FRAGMENTO DEL CAPÍTULO VI: ME VOY DE GRIPE
—¡No me jodas! Un vampiro no mordería un cuerpo muerto. No son tan carroñeros. Les gustan los cuerpos hermosos y sanos, sa-nos. Además, hay tíos también mordidos. Lo dicho, ¡fábulas! Me parece más probable que haya sido un perro o una rata a que se lo hiciese un desquiciado. Hay que tener muchas ganas para acercarse a un cadáver y morderlo.
—A lo mejor estaba moribunda y el monstruo aprovechó su debilidad para desatar su instinto criminal y... ¡zasca!, morder.
—No le des más vueltas. Recuerda: no hay hemorragias, no hay manchas. Los mordieron muertos.
—¿Y marcaje de bandas?
—Pse. No cuadra. ¿Qué significado tiene una marca de dientes en el cuello? ¿Quién llevaría una rata consigo para hacer esa pifia?
—Volvemos al loco suelto. Imagina que es una desviación sexual, un loco con fijación por los cadáveres, un necrófilo, que los hay, que en el éxtasis de su delirio muerde.
—Menuda casualidad que el pichabrava se encuentre con todos los yonquis muertos del barrio para satisfacerse. ¿No los andaría buscando?
—Hay tipos que tienen imán para lo que quieren. Más si se mueven de noche.
—Con veinte años todos tenemos imán las veinticuatro horas. Luego cumples años y el imán se va apagando.
—Además, maricón, que le daba igual carne que pescao, mujeres y hombres —se recreaba en el morbo—. Este no le hace ascos a nada mientras se estén quietecitos.
—Hay que tener ganas. Pero no hay señales de penetración ni rastros de semen.
—Otra cosa que tengo que revisar.
—A las buenas, se le aplicaría el 577 y no el 340 por no mediar destrozo sepulcral. Al loco le saldría el muerdo por lo mismo que le costaría a ese… —Señaló a Tralla—… un polvo con una puta de Carretas.
¿Le habían visto cara de putero? De pulpo podía ser, que de lo que se come se cría, pero ¡de putero? Nasti de plasti. Tralla pasó de alusiones. Que le llamasen lo que les diera la gana, que él estaba ahí nutriéndose de actualidad extraoficial cosa mala y a su costa. La información aprovecha a quien sabe conectarla con sus intereses.
—Profanar cadáveres sale barato en este maldito país.
—Las leyes están hechas para los vivos. A los muertos que los jodan.
—Tiene que merodear por los mismos rincones que los yonquis.
—Pues será uno de ellos. O un mendigo. ¿No te parece?
—Qué rebuscado lo del mendigo. ¿Qué mendigos tenemos por el barrio? Todos andan por el centro. Dedícate a escribir novelas, macho.

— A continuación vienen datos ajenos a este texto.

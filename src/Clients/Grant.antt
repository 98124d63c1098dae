-- ===== src/Clients/Grant.antt =====
-- The call of a process for a builtin network.
use vmnet_broker.Base.{ℕ, ◌≡◌, refl, some, lookup, insert, CString, arith}
use vmnet_broker.Machine.{network, Context, State, CoreFoundation}
use vmnet_broker.Machine.Returns.{Returns, returns}
use vmnet_broker.Config.Builtin.{IsBuiltin}
use vmnet_broker.Network.Grant.{IsAvailable}
use vmnet_broker.Broker.{Env}
use vmnet_broker.Broker.Requests.{IsServable}
use vmnet_broker.Client.{Client, message, deliver}
use vmnet_broker.System.{Peers}
use vmnet_broker.System.Safety.{Reach}
use vmnet_broker.System.Grant.{connected_peer_is_granted}
use vmnet_broker.Clients.{call, returned}
use vmnet_broker.Clients.Calls.{call-Done}
use vmnet_broker.Clients.Agree.{IsGiven, IsGiven-returned}

-- A call of the library for a builtin name over an open connection, with the broker in a state
-- that it comes to, returns a network, with success, and the library retains it, if the request
-- can be served and the external calls of the request succeed.
pub call-IsGiven :
    {cf : CoreFoundation} {peers : Peers} {s : State} (reach : Reach cf peers s) (env : Env)
    (c mach_service : ℕ) (name : CString) (client : Client) (ctx : Context)
    → lookup c peers ≡ some ctx
    → IsBuiltin name
    → IsServable cf env.outcomes (deliver (message name)) s
    → IsAvailable env.outcomes name
    → Returns
        (λ (got, peers') s'. (x : ℕ) × IsGiven x client got)
        (call cf env c mach_service name client peers s)
call-IsGiven {peers = peers} {s = s} reach env c mach_service name client ctx found b can
      available =
    let grants =
      connected_peer_is_granted env.outcomes c ctx (deliver (message name)) name reach found
        (refl, refl) b can available in
    let d = call-Done reach env c mach_service name client ctx found can grants in
    let (x, sent) = d.also in
    let is_x : d.reply ≡ network x = ground (arith, d.replied, sent) in
    rw d.came (
      returns {a = (returned mach_service name client (some d.reply), insert c d.context peers)}
        {s = d.state} (x, IsGiven-returned mach_service name client x d.reply is_x))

—Lo haría si diesen dinero y no me metiese en líos con los jefes. —Pidió otra cerveza—. Pero me tienes que reconocer que hay gente muy tocada del ala, que le da por creerse lo que ha visto en una película. ¿Has oído eso del niño que se tiró del balcón pensando que era Supermán o lo del tío ese que se creía Charles Bronson y se puso las Navidades pasadas a limpiar el metro de Nueva York a balazos?
—Como cunda el ejemplo, nos dejan sin empleo.
—En año nuevo echaron por la tele esa peli de vampiros… Esa de… Era de risa pero menudos mordiscos. La actriz protagonista estaba como un tren. Supón que sea un loco que se cree vampiro porque ha visto mucho cine.
—No insistas. Aunque en Jefatura se lo lleguen a creer, eso no se puede contar así como así a la prensa. Se puede malinterpretar. Sugerir que un energúmeno está haciendo una escabechina crearía mucha alarma social, cuando son las jodidas ratas que ha habido de toda la vida por donde las vías o chuchos sueltos, asilvestrados, los que muy seguramente estarán desluciendo los cuerpos de los yonquis. ¿Recuerdas lo que pasó con la colza o el cáncer gay, la de psicosis que hubo? Y eso que ahí el peligro era invisible…
—Hum.
—… La jodemos si decimos algo así.
A veces alarmar no es tan malo. Nos recuerda que vamos juntos en el mismo barco, que somos todos iguales frente a la calamidad, que los humanos somos fuente y objeto de las mayores atrocidades porque, a efectos de sentir pavor o de provocar terror, da igual la naturaleza humana o sobrenatural del personaje que nos aceche, ya que el pánico lo llevamos dentro desde antes de nacer. Que levante la mano quien no tuvo miedo de salir por el agujero.